Collected data entries

Segment Open

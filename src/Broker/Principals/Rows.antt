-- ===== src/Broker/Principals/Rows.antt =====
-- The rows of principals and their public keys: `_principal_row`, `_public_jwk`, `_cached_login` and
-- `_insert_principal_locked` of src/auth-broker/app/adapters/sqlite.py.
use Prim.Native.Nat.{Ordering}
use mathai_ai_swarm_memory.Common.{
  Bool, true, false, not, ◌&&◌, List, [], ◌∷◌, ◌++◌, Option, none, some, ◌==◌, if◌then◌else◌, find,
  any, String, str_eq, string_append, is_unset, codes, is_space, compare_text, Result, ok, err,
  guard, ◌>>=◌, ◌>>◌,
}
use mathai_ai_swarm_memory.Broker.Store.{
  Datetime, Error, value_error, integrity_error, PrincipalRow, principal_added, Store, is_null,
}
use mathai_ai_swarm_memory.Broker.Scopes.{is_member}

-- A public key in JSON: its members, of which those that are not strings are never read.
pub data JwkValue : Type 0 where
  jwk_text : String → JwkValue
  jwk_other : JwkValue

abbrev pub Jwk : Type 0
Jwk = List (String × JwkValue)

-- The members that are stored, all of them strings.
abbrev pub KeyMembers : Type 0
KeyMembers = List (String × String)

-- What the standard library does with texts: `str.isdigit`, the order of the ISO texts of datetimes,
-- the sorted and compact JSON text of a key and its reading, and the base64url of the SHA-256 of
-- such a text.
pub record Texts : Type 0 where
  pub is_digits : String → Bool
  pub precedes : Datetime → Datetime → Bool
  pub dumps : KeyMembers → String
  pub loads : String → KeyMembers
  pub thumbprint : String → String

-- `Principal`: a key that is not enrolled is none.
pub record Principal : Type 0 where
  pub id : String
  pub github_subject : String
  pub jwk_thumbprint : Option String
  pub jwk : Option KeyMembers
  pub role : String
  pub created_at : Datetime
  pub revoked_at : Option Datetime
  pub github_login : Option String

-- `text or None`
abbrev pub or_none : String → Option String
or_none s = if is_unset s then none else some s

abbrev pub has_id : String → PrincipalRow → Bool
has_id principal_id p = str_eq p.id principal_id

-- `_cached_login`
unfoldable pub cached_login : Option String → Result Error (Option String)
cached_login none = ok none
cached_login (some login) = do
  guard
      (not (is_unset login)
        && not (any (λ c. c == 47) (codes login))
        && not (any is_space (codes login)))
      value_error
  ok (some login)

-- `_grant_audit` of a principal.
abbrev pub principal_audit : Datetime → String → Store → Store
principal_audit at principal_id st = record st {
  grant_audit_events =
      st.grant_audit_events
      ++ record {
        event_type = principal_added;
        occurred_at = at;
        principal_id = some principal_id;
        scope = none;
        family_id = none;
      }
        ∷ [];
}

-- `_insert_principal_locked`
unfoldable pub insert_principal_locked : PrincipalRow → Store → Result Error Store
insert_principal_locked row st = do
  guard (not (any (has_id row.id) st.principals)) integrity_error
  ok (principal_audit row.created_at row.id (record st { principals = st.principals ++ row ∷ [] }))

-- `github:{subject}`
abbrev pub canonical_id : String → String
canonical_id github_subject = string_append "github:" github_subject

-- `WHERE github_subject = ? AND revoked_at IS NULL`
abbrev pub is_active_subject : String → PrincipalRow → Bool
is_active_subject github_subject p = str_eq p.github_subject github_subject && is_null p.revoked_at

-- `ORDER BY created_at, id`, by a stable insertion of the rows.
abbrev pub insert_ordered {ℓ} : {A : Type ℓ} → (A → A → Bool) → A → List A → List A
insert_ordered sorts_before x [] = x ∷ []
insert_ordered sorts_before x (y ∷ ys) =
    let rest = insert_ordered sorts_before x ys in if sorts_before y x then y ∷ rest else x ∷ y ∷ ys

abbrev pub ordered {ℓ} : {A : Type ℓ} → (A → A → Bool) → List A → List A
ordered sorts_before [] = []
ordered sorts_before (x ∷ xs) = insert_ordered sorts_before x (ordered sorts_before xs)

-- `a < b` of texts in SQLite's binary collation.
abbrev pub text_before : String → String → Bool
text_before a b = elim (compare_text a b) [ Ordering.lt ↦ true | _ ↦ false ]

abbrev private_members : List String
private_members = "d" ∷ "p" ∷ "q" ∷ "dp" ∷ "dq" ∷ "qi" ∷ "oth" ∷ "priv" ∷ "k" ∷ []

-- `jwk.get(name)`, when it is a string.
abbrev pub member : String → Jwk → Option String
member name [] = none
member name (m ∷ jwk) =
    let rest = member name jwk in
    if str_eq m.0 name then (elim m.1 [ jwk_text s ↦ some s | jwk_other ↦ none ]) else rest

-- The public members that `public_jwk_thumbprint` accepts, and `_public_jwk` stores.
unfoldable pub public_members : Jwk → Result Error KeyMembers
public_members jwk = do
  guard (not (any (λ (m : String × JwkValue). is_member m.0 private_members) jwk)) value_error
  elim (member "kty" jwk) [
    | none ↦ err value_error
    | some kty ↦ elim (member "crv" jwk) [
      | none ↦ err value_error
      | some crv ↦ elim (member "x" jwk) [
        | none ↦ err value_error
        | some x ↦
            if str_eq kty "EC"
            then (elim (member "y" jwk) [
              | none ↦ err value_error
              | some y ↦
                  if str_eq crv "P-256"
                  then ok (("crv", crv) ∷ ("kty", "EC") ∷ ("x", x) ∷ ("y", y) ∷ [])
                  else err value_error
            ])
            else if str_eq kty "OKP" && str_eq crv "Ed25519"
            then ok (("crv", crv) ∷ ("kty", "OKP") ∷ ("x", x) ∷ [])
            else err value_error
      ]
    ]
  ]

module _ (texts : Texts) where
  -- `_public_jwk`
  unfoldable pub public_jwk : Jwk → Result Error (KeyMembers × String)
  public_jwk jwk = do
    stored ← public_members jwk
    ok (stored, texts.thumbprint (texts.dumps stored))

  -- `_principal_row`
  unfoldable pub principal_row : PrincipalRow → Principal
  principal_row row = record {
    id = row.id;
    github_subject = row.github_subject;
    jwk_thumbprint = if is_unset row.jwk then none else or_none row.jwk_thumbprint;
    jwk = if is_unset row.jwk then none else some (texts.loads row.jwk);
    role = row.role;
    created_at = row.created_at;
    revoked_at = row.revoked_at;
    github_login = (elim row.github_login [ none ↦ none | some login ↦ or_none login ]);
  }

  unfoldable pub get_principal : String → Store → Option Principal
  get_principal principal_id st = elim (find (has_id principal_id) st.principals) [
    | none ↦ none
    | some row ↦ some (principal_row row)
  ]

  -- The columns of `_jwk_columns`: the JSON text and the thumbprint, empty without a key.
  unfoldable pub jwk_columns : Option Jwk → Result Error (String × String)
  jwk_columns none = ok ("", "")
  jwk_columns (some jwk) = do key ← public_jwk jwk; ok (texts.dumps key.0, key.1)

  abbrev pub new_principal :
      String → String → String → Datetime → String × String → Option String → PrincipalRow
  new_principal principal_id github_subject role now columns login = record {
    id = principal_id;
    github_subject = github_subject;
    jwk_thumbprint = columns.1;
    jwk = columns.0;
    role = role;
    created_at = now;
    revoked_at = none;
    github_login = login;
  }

Segment Closed

Brief —
Copy the stretch of the records above that runs from the line with "pub jwk : Option KeyMembers" through the line with "or_none s = if". Both end lines belong in the copy, and nothing else does.

Solution for this problem —
  pub jwk : Option KeyMembers
  pub role : String
  pub created_at : Datetime
  pub revoked_at : Option Datetime
  pub github_login : Option String

-- `text or None`
abbrev pub or_none : String → Option String
or_none s = if is_unset s then none else some s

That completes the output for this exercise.